Sonderpreis der Lit Eifel

„Trau Dich, die Tür zu öffnen“

Shervan, Ziad, Mohamad und Tenzing gewinnen den Sonderpreis der Lit Eifel

„Als die Tür des Flugzeugs sich öffnete, freute ich mich sehr über die frische Luft und das Land der Freiheit. Und natürlich freute ich mich, meinen Vater nach zwei Jahren zu sehen. Dann habe ich mit einem neuen Leben angefangen. Nach vier Jahren ging ich wieder zur Schule.(…)“

So beginnt Ziad seine Kurzgeschichte mit dem Titel „Eine Tür in die Freiheit“, die er im Sommer beim Jugendliteraturpreis der Lit Eifel einreichte. Er berichtet darin von seiner Ankunft in Deutschland und der Klassenfahrt nach Holland, gleich in der 2. Schulwoche, seinem Staunen über das Watt (Das Meer war ganz anders als das Meer, das ich aus dem Irak kannte, es gab kein Wasser.) sowie von den positiven Erfahrungen mit der neuen Klasse, die ihn beim Schwimmenlernen unterstützte.

Mit ihren Kurzgeschichten haben die 4 Schüler aus der 9c/f die Jury im 6. Eifeler Jugendliteraturpreis überzeugt und den Sonderpreis Integration erhalten.

Die Geschichten sind knapp und eindringlich geschrieben, alle 4 berichten über eine Tür, die sich bei der Ankunft in Deutschland öffnet.

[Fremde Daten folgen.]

-- ===== src/Identity.antt =====
-- src/cogindex/_identity.py: stable identities and fingerprints.
-- A UUID is kept as its text `str(uuid)`. BLAKE2b, UUID5, NFC and `json.dumps` are parameters.
pub mod Value
pub mod Utf8
pub mod Decimal
pub mod Join
pub mod Distinct
pub mod Decoding
use cogindex.Base.{
  ℕ, suc, zero, List, [], ◌∷◌, Bool, true, false, ◌&&◌, ◌||◌, ◌≡◌, ltb, leb, length, is_empty, all,
  contains, nat_eq, Text, codes, if◌then◌else◌,
}
use cogindex.Base.{Result, ok, err, type_error, value_error, ◌>>=◌, ◌>>◌, refuse}
use cogindex.Identity.Value.{
  Json, Items, Fields, nil, cons, end, field, null, obj, arr, text, other,
}
use cogindex.Identity.Value.{flag, num, nan, not_text}
use cogindex.Identity.Utf8.{utf8}
use cogindex.Identity.Decimal.{decimal}
use cogindex.Identity.Join.{canonical_join}

abbrev pub Uuid : Type 0
Uuid = Text

-- What the code takes from hashlib, uuid, unicodedata and json.
pub record Primitives : Type 0 where
  -- `hashlib.blake2b(payload, digest_size=n).hexdigest()`
  pub blake2b : ℕ → List ℕ → Text
  pub uuid5 : Uuid → Text → Uuid
  pub nfc : Text → Text
  -- `json.dumps` with sorted keys, ASCII only and no NaN; it raises on what is not JSON
  pub dumps : Json → Result Text

abbrev pub namespace_dns : Uuid
namespace_dns = codes "6ba7b810-9dad-11d1-80b4-00c04fd430c8"

abbrev pub identity_schema_version : ℕ
identity_schema_version = 2

abbrev pub fingerprint_digest_size : ℕ
fingerprint_digest_size = 16

pub data Content : Type 0 where
  text_content : Text → Content
  bytes_content : List ℕ → Content

unfoldable pub validate_coordinate : Text → Result (Unit {0})
validate_coordinate value = do
  refuse (is_empty value) value_error
  refuse (contains 0 value) value_error

unfoldable pub is_alphanumeric : ℕ → Bool
is_alphanumeric c =
    (leb b'A' c && leb c b'Z') || (leb b'a' c && leb c b'z') || (leb b'0' c && leb c b'9')

unfoldable pub is_key_char : ℕ → Bool
unfolding is_alphanumeric
is_key_char c = is_alphanumeric c || (contains c (b'.' ∷ b'_' ∷ b'-' ∷ []))

-- `[A-Za-z0-9][A-Za-z0-9._-]{0,127}\Z`
unfoldable pub runtime_key_matches : Text → Bool
unfolding is_key_char
runtime_key_matches [] = false
runtime_key_matches (c ∷ rest) = is_alphanumeric c && all is_key_char rest && leb (length rest) 127

unfoldable pub validate_runtime_key : Text → Result (Unit {0})
unfolding validate_coordinate runtime_key_matches
validate_runtime_key value = do
  validate_coordinate value
  refuse (if runtime_key_matches value then false else true) value_error

-- JSON would turn keys that are no strings into strings: they are refused at every depth.
unfoldable mutual
  pub validate_json_object_keys : Json → Result (Unit {0})
  validate_json_object_keys (obj fields) = validate_fields fields
  validate_json_object_keys (arr items) = validate_items items
  validate_json_object_keys null = ok tt
  validate_json_object_keys (flag b) = ok tt
  validate_json_object_keys (num t) = ok tt
  validate_json_object_keys (text t) = ok tt
  validate_json_object_keys nan = ok tt
  validate_json_object_keys other = ok tt

  pub validate_fields : Fields → Result (Unit {0})
  validate_fields end = ok tt
  validate_fields (field key value rest) =
      refuse (not_text key) type_error
      >> (validate_json_object_keys value >>= λ _. validate_fields rest)

  pub validate_items : Items → Result (Unit {0})
  validate_items nil = ok tt
  validate_items (cons x rest) = validate_json_object_keys x >>= λ _. validate_items rest

module _ (P : Primitives) where
  unfoldable pub cogindex_namespace : Uuid
  cogindex_namespace = P.uuid5 namespace_dns (codes "cogindex")

  unfoldable pub normalize_external_key : Text → Result Text
  normalize_external_key key = do
    refuse (is_empty key) value_error
    refuse (contains 0 key) value_error
    ok (P.nfc key)

  unfoldable pub document_data_id : Text → Text → Text → Text → Text → Result Uuid
  unfolding validate_runtime_key normalize_external_key cogindex_namespace
  document_data_id runtime_key identity_scope tenant dataset_name external_key = do
    validate_runtime_key runtime_key
    validate_coordinate identity_scope
    validate_coordinate tenant
    validate_coordinate dataset_name
    key ← normalize_external_key external_key
    ok (
        P.uuid5 cogindex_namespace (
          canonical_join (
            decimal identity_schema_version
            ∷ runtime_key
            ∷ identity_scope
            ∷ tenant
            ∷ dataset_name
            ∷ key
            ∷ [])))

  unfoldable pub fingerprint_json : Json → Result Text
  fingerprint_json object = do
    validate_json_object_keys object
    canonical ← P.dumps object
    ok (P.blake2b fingerprint_digest_size (utf8 canonical))

  unfoldable pub content_bytes : Content → List ℕ
  content_bytes (text_content t) = b's' ∷ 0 ∷ utf8 t
  content_bytes (bytes_content b) = b'b' ∷ 0 ∷ b

  unfoldable pub fingerprint_content : Content → Text
  unfolding content_bytes
  fingerprint_content content = P.blake2b fingerprint_digest_size (content_bytes content)
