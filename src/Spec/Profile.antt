-- ===== src/Spec/Profile.antt =====
-- CognifyProfile, ManagedBy and the dataset's desired state.
use cogindex.Base.{
  ℕ, zero, suc, [], ◌∷◌, Bool, true, false, ◌&&◌, Option, none, some, Text, is_some, Result, ok,
  value_error, ◌>>◌, refuse, all, contains, leb, ◌||◌, nat_eq,
}
use cogindex.Identity.Value.{Json}

-- What a class's `model_json_schema` does when it is called, if it has one.
pub data SchemaMethod : Type 0 where
  absent raising : SchemaMethod
  returning : Json → SchemaMethod

-- A Python class, as far as it is looked at.
pub record PyClass : Type 0 where
  pub module_name : Text
  pub qualname : Text
  pub schema : SchemaMethod

pub record CognifyProfile : Type 0 where
  pub graph_model : Option PyClass
  pub chunker : Option PyClass
  pub chunk_size : Option ℕ
  pub custom_prompt : Option Text
  pub temporal_cognify : Bool

-- `chunk_size is not None and chunk_size <= 0`; a size is a natural number here.
unfoldable pub bad_chunk_size : Option ℕ → Bool
bad_chunk_size none = false
bad_chunk_size (some zero) = true
bad_chunk_size (some (suc n)) = false

-- The truth value of an optional text.
unfoldable pub has_text : Option Text → Bool
has_text none = false
has_text (some []) = false
has_text (some (c ∷ s)) = true

-- `CognifyProfile.__post_init__`; the checks on types are the fields' types.
unfoldable pub check_profile : CognifyProfile → Result CognifyProfile
unfolding bad_chunk_size has_text
check_profile p = do
  refuse (bad_chunk_size p.chunk_size) value_error
  refuse (p.temporal_cognify && is_some p.graph_model) value_error
  refuse (p.temporal_cognify && has_text p.custom_prompt) value_error
  ok p

-- The characters that `str.strip` removes.
unfoldable pub is_space : ℕ → Bool
is_space c =
    (leb 9 c && leb c 13)
    || (leb 28 c && leb c 32)
    || (leb 0x2000 c && leb c 0x200A)
    || (contains c (0x85 ∷ 0xA0 ∷ 0x1680 ∷ 0x2028 ∷ 0x2029 ∷ 0x202F ∷ 0x205F ∷ 0x3000 ∷ []))

-- `not text.strip()`
unfoldable pub is_blank : Text → Bool
unfolding is_space
is_blank = all is_space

Shervans Erzählung „Das Leben ist nicht immer schön“ beginnt schon vor 9 Jahren:

März 2010   Aleppo, Syrien

Ich sah Fernseher als abends in den Nachrichten von einer Demonstration berichtet wurde. Die Soldaten haben auf die Demonstranten geschossen in Daraa, Syrien und langsam wurde es schlimmer und ein paar Monate später war Krieg zwischen Zivilisten und Armee überall in Syrien und dann mussten wir von Aleppo weg. Wir sind zu unserem Dorf gefahren in Afrin.

Auch Mohamad berichtet in „Eine Tür in die Sicherheit“ von seiner Familie: 

(…) Ich habe 5 Schwestern und einen Bruder. Meine Mutter wollte nicht, aber in der Nacht hat sie über unsere Zukunft nachgedacht. Mein Vater rief Freunde in der Türkei an, damit sie uns ein Haus vermieten. Nach 3 Stunden rief Vaters Freund zurück und am nächsten Tag packten wir unsere wichtigen Sachen. Meine Mutter hat gekocht und wir haben uns von unseren Nachbarn verabschiedet. Dann fuhren wir und wir weinten alle. Nach drei Stunden wurde es dunkel und wir fuhren auf einer Bergstraße… (…)

Tenzing hatte einen weiten Flug hinter sich, als sich die Tür öffnete: „Ich freute mich auf Deutschland. Zu Hause in Rajpur hatte ich schon ein paar Sätze in Deutsch geübt, zum Beispiel die Begrüßung und wie ich mich vorstelle.

Nach 8 Stunden über Land, Meer und Wolken landeten wir in Deutschland, Frankfurt.

Ich sah aus dem Fenster,  da waren viele Flugzeuge, das große Terminal und viele Arbeiter. Die Flugzeuge waren viel größer als in Indien.

Die Jungs haben einen halben Tag im Naturhochseilgarten in Nettersheim gewonnen, natürlich im Frühling!

Wer die Erzählungen ganz lesen möchte, findet das Buch mit allen eingereichten Geschichten bei unserem Schulleiter im Büro zur Ansicht, aber auch im Sprachpatenraum 2 hängt ein Ausdruck aller 4 Kurzgeschichten.